Tidak ada angin tidak ada hujan tiba-tiba saja bagai disambar petir di siang hari seorang suami memposting kekesalannya akibat ulah sang istri di media sosial. Untuk sebagian kalangan orang, cekcok dalam rumah tangga ibarat bumbu penyedap asalkan tidak kebanyakan sehingga menyebabkan makanan tidak sedap atau rumah tangga bubaran.
Sang suami tampak begitu emosi dalam menuliskan kejelekan prilaku sang istri sebagai gambaran kebencian dan rasa kecewa, dalam salah satu statusnya dituliskan "dasar wanita murahan, menyesal juga gue nikahi". Sontak reaksi bermunculan terutama kerabat-kerabat yang mengenal baik si suami maupun istri, masing-masing mengemukakan pendapatnya.
Ada yang berusaha menenangkan suasana, "sabar bro, jangan begitu ente kan kepala keluarga". Ada pula yang memprovokasi, "gue bilang juga apa, menyesalkan lo sekarang". Ada yang pro kepada suami, "sudah ceraikan saja istri macam begitu". Ada pula yang pro kepada istri, "eh jaga itu mulut ya, memang elo saja sebagai suami tidak bisa mimpin keluarga". Dan tidak pula ketinggalan yang menjadikannya banyolan, "tragedi ranjang ambruk nih". Dalam waktu sangat singkat media sosial yang tadinya untuk menjalin pertemanan dan silaturahmi berubah total menjadi ajang perang kosa kata yang seolah tidak ada ujungnya.
Disaat luapan emosi pihak-pihak yang bertikai mulai rada reda, masuklah postingan dari kerabat dekat yang berkata, "untuk apa masalah keluarga malah menjadi konsumsi publik bukankah itu seharusnya jadi privasi hubungan antara suami istri, kalaupun harus diselesaikan bukan mengumbarnya ke media sosial namun bisa dilakukan konsultasi oleh kedua belah pihak mengikutsertakan orang tua masing-masing untuk menyelesaikan masalah". Dari sini coba kita koreksi kembali, apa yang dikatakan oleh kerabat dekat ini menurut anda logis atau tidak?
Dalam kasus pertikaian antara suami dan istri ini walaupun tidak menghadirkan sosok istri yang ikutan mengomentari apa yang suaminya katakan di media sosial, secara tidak langsung sudah memberikan citra buruk kepada suami sebagai kepala rumah tangga.
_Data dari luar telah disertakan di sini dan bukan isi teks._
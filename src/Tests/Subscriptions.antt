-- ===== src/Tests/Subscriptions.antt =====
-- Subscriptions at concrete inputs.
use vechain_sdk_js.Prelude.{
  ℕ, ◌+◌, ◌≡◌, refl, inr, pos, Option, none, some, List, [], ◌∷◌, ◌++◌, length,
}
use vechain_sdk_js.Result.{Result, ok, err}
use vechain_sdk_js.Text.{Text, codes}
use vechain_sdk_js.Number.{int}
use vechain_sdk_js.Provider.Details.{CompressedBlockDetail}
use vechain_sdk_js.Provider.Subscriptions.{
  SubscriptionManager, SubscriptionEvent, new_heads, eth_subscribe, eth_unsubscribe,
  get_current_block, poll_block, poll_function,
}
use vechain_sdk_js.Provider.Delivery.{
  heads, blocks_from, Follows, poll_times, poll_times-blocks_from,
}
use vechain_sdk_js.Provider.Polling.{
  new_manager, subscribes, unsubscribes, here, next, IsPolledWhileActive, Reach-IsPolledWhileActive,
}
use vechain_sdk_js.ThorClient.Http.{Http}
use vechain_sdk_js.ThorClient.Blocks.{get_block_compressed}
use vechain_sdk_js.Tests.Packages.{test_noble}
use vechain_sdk_js.Tests.Receipts.{test_header}

-- A node whose blocks are all alike, but for the number that a test does not look at.
abbrev test_block : CompressedBlockDetail
test_block = record { header = test_header; transactions = [] }

abbrev chain : ℕ → CompressedBlockDetail
chain n = test_block

abbrev node : Http
node = record {
  compressed_block = λ path query. ok (some test_block);
  expanded_block = λ path query. ok none;
  transaction = λ path query. ok none;
  transaction_raw = λ path query. ok none;
  transaction_receipt = λ path query. ok none;
  get_addresses = λ address names. ok names;
  get_names = λ address addresses. ok addresses;
  delegation_signature = λ url origin raw. ok raw;
  send_transaction = λ raw. ok raw;
  event_logs = λ path options. ok [];
}

abbrev manager_or : Result SubscriptionManager → SubscriptionManager
manager_or (ok m) = m
manager_or (err e) = new_manager

abbrev subscribed_manager : SubscriptionManager
subscribed_manager = manager_or (eth_subscribe node (codes "id") new_heads new_manager)

subscribe_check : eth_subscribe node (codes "id") new_heads new_manager ≡ ok subscribed_manager
unfolding eth_subscribe vechain_sdk_js.Text.starts_with_tag vechain_sdk_js.Text.strip_sign
subscribe_check = refl

Reach-IsPolledWhileActive_example :
    IsPolledWhileActive (eth_unsubscribe (codes "id") subscribed_manager).0
Reach-IsPolledWhileActive_example =
    Reach-IsPolledWhileActive test_noble (eth_unsubscribe (codes "id") subscribed_manager).0 (
      next (next here (subscribes node (codes "id") new_heads subscribe_check))
        (unsubscribes (codes "id")))

ok-injective {ℓ} : {A : Type ℓ} {x y : A} → ok x ≡ ok y → x ≡ y
ok-injective h = cc

node-Follows : Follows chain node
unfolding get_block_compressed vechain_sdk_js.Vcdm.Revision.is_valid_number
node-Follows n found h = inr (cc (ok-injective h))

abbrev polled_or :
    Result (SubscriptionManager × List SubscriptionEvent)
    → SubscriptionManager × List SubscriptionEvent
polled_or (ok r) = r
polled_or (err e) = (new_manager, [])

abbrev found_or : Result (Option CompressedBlockDetail) → Option CompressedBlockDetail
found_or (ok b) = b
found_or (err e) = none

abbrev polled : SubscriptionManager × List SubscriptionEvent
polled = polled_or (poll_times test_noble 2 (λ i. node) subscribed_manager)

poll_check : poll_times test_noble 2 (λ i. node) subscribed_manager ≡ ok polled
unfolding poll_times poll_function eth_subscribe vechain_sdk_js.Text.starts_with_tag
    vechain_sdk_js.Vcdm.Revision.is_valid_number
poll_check = refl

heads_check : subscribed_manager.new_heads_subscription ≡ some (codes "id")
unfolding eth_subscribe vechain_sdk_js.Text.starts_with_tag vechain_sdk_js.Text.strip_sign
heads_check = refl

number_check : subscribed_manager.current_block_number ≡ int (pos 7)
unfolding eth_subscribe vechain_sdk_js.Text.starts_with_tag vechain_sdk_js.Text.strip_sign
number_check = refl

poll_times-blocks_from_example :
    (heads polled.1 ≡ blocks_from chain 7 (length (heads polled.1)))
    × (polled.0.current_block_number ≡ int (pos (7 + length (heads polled.1))))
poll_times-blocks_from_example =
    poll_times-blocks_from test_noble 2 chain (λ i. node) subscribed_manager (codes "id") 7 polled
      (λ i. node-Follows) heads_check number_check poll_check

-- Two polls overlap: both get the block before either of them ends. The subscription gets it twice, and
-- the number moves on by two.
abbrev found : Option CompressedBlockDetail
found = found_or (get_current_block node subscribed_manager)

abbrev first_end : SubscriptionManager × List SubscriptionEvent
first_end = polled_or (poll_block test_noble node subscribed_manager found)

abbrev second_end : SubscriptionManager × List SubscriptionEvent
second_end = polled_or (poll_block test_noble node first_end.0 found)

overlap_check :
    (heads (first_end.1 ++ second_end.1) ≡ test_block ∷ test_block ∷ [])
    × (second_end.0.current_block_number ≡ int (pos 9))
unfolding heads get_current_block poll_block eth_subscribe vechain_sdk_js.Text.starts_with_tag
    vechain_sdk_js.Vcdm.Revision.is_valid_number
overlap_check = (refl, refl)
Mengapa demikian?
Apa yang menjadi pertanyaan utama adalah bagaimana orang lain dapat menyimpulkan sedangkan orang tersebut tidak mengetahui persis seluk beluk dalamnya rumah tangga bersangkutan? Jawabannya apakah semua orang yang berkomentar itu tahu tepatnya apa inti permasalahan. Ketika masuk ke ranah media sosial maka pertikaian tersebut menjadi konsumsi publik dan tentunya apapun bentuk alasannya tidak etis tanpa pengecualian. Jadi alangkah lucu semisalkan si suami berkata, "ngapain anda berkomentar?, memangnya anda siapa?, memang anda tahu apa?", dimana pertanyaan utama yang seharusnya disadari oleh sang suami, " kenapa anda membawa masalah keluarga yang sifatnya privasi ke media sosial dimana kebanyakan orang lain tidak tahu masalahnya apa?".
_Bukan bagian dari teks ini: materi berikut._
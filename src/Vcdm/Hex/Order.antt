-- ===== src/Vcdm/Hex/Order.antt =====
-- What `compareTo` of vcdm/Hex.ts compares.
use vechain_sdk_js.Prelude.{
  ℕ, ◌+◌, ◌*◌, ◌<◌, ◌≡◌, refl, sym, ◌∙◌, max, ℤ, pos, negsuc, Bool, true, false, [], ◌∷◌, length,
  All, arith, ◌==◌, ltb, inl, inr, Bool-cases, ==_iff,
}
use vechain_sdk_js.Result.{ok}
use vechain_sdk_js.Text.{Text, Bytes}
use vechain_sdk_js.Text.Positional.{value_from}
use vechain_sdk_js.Text.Bytes.{IsByte}
use vechain_sdk_js.Noble.{Noble}
use vechain_sdk_js.Vcdm.Hex.{
  Sign, negative, positive, Hex, byte_difference, compare_bytes, compare_digits, compare_to,
}
use vechain_sdk_js.Vcdm.Hex.Value.{value, HasDigits, to_bytes-value, fit-value}

-- The three outcomes of a comparison.
abbrev pub is_negative : ℤ → Bool
is_negative (pos n) = false
is_negative (negsuc n) = true

abbrev pub is_zero : ℤ → Bool
is_zero (pos n) = n == 0
is_zero (negsuc n) = false

-- `z` compares two numbers.
pub record Compares (z : ℤ) (a b : ℕ) : Type 0 where
  pub below : is_negative z ≡ ltb a b
  pub same : is_zero z ≡ (a == b)

byte_difference-Compares : (a b : ℕ) → Compares (byte_difference a b) a b
byte_difference-Compares a b = record { below = ground arith; same = ground arith }

-- What stands in front decides.
value_from_mono :
    (m n : ℕ) (these those : Bytes)
    → m < n
    → length these ≡ length those
    → All IsByte these
    → All IsByte those
    → value_from 256 m these < value_from 256 n those
unfolding value_from
value_from_mono m n [] [] h e p q = h
value_from_mono m n [] (b ∷ bs) h e p q = absurd (omega (arith, e))
value_from_mono m n (a ∷ bs) [] h e p q = absurd (omega (arith, e))
value_from_mono m n (a ∷ these) (b ∷ those) h e p q =
    value_from_mono (m * 256 + a) (n * 256 + b) these those (omega (arith, p.0, q.0, h))
      (omega (arith, e)) p.1 q.1

-- The first bytes that differ decide, as in the numbers.
compare_bytes-Compares :
    (acc : ℕ) (these those : Bytes)
    → length these ≡ length those
    → All IsByte these
    → All IsByte those
    → Compares (compare_bytes these those) (value_from 256 acc these) (value_from 256 acc those)
unfolding value_from compare_bytes
compare_bytes-Compares acc [] [] e p q = record { below = ground arith; same = ground arith }
compare_bytes-Compares acc [] (b ∷ bs) e p q = absurd (omega (arith, e))
compare_bytes-Compares acc (a ∷ bs) [] e p q = absurd (omega (arith, e))
compare_bytes-Compares acc (a ∷ these) (b ∷ those) e p q =
    let sizes : length these ≡ length those = omega (arith, e) in
    let m = acc * 256 + a in
    let n = acc * 256 + b in
    elim (Bool-cases (a == b)) [
      | inl h ↦
          let same = (==_iff a b).0 h in
          let rest = compare_bytes-Compares m these those sizes p.1 q.1 in rw (h, ← same) rest
      | inr h ↦ elim (Bool-cases (ltb a b)) [
        | inl l ↦
            let less = value_from_mono m n these those (ground (arith, l)) sizes p.1 q.1 in
            let d = byte_difference-Compares a b in
            rw h (record {
              below = ground (arith, d.below, l, less);
              same = ground (arith, d.same, h, less);
            })
        | inr l ↦
            let more = value_from_mono n m those these (ground (arith, l, h)) (sym sizes) q.1 p.1 in
            let d = byte_difference-Compares a b in
            rw h (record {
              below = ground (arith, d.below, l, more);
              same = ground (arith, d.same, h, more);
            })
      ]
    ]

module _ (noble : Noble) where
  -- Both numbers are filled up to the longer one, so their bytes are compared in place.
  compare_digits-Compares :
      (this that : Hex)
      → HasDigits this
      → HasDigits that
      → (z : ℤ) × (compare_digits noble this that ≡ ok z) × Compares z (value this) (value that)
  unfolding compare_digits
  compare_digits-Compares this that h k =
      let n = max (length this.digits) (length that.digits) in
      let (r, fits, f) = fit-value n this h (omega arith) in
      let (s, fits', g) = fit-value n that k (omega arith) in
      let (these, read, same, size, valid) = to_bytes-value noble r f.digits in
      let (those, read', same', size', valid') = to_bytes-value noble s g.digits in
      let sizes : length these ≡ length those = omega (arith, size, size', f.full, g.full) in
      let c = compare_bytes-Compares 0 these those sizes valid valid' in
      (
        compare_bytes these those,
        rw (fits, read, fits', read') refl,
        record {
          below = c.below ∙ rw (same, same', f.same, g.same) refl;
          same = c.same ∙ rw (same, same', f.same, g.same) refl;
        },
      )

  compare_to-same_sign :
      (s t : Sign) (d e : Text)
      → s ≡ t
      → compare_to noble (record { sign = s; digits = d }) (record { sign = t; digits = e })
        ≡ compare_digits noble (record { sign = s; digits = d }) (record { sign = t; digits = e })
  unfolding compare_to
  compare_to-same_sign negative negative d e h = refl
  compare_to-same_sign positive positive d e h = refl
  compare_to-same_sign negative positive d e h = cc
  compare_to-same_sign positive negative d e h = cc

  -- `compareTo` of two `Hex` with hexadecimal digits and the same sign compares the numbers of their
  -- digits, whatever the sign; it does not fail.
  pub compare_to-value :
      (this that : Hex)
      → HasDigits this
      → HasDigits that
      → this.sign ≡ that.sign
      → (z : ℤ) × (compare_to noble this that ≡ ok z) × Compares z (value this) (value that)
  compare_to-value this that h k e =
      let (z, read, c) = compare_digits-Compares this that h k in
      (z, compare_to-same_sign this.sign that.sign this.digits that.digits e ∙ read, c)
Percaya tidak percaya kasus seperti ini masih Penulis temui, beberapa kerabat merupakan pasangan baru yang kiranya masih labil menempatkan diri mereka layaknya masih pacaran. Padahal secara resmi mereka telah menjadi pasangan suami istri yang sepatutnya memperlihatkan kedewasaan dalam berpola pikir. Alhasil selalu Penulis ingatkan dalam status yang Penulis tuliskan bahwa, "istri layaknya harta bagi suami dan suami layaknya baju yang istri kenakan".
Dalam pemahaman kasus ketika suami menilai buruk istrinya, secara tidak langsung ia pun memperlihatkan keburukannya dan lebih parahnya lagi orang lain secara luas mengetahuinya. Oleh karena itu disini Penulis menyarankan berhati-hatilah dalam memposting di media sosial khususnya suami istri, mau itu kabar baik maupun buruk yang dialami seharusnya suami istri paham benar di lingkup mana mereka bawakan. Bahkan Penulis menyarankan ketika anda sudah berkeluarga ada lebih baiknya kurangi interaksi di media sosial dikarenakan selain orang lain dapat mengetahui kehidupan anda juga rentan menimbulkan masalah yang pada akhirnya kerugian yang dialami suami istri tetapi bukannya orang lain yang justru menikmati. Demikian artikel Penulis, mohon maaf bilamana ada kekurangan dikarenakan kekurangan milik Penulis pribadi. Terima kasih.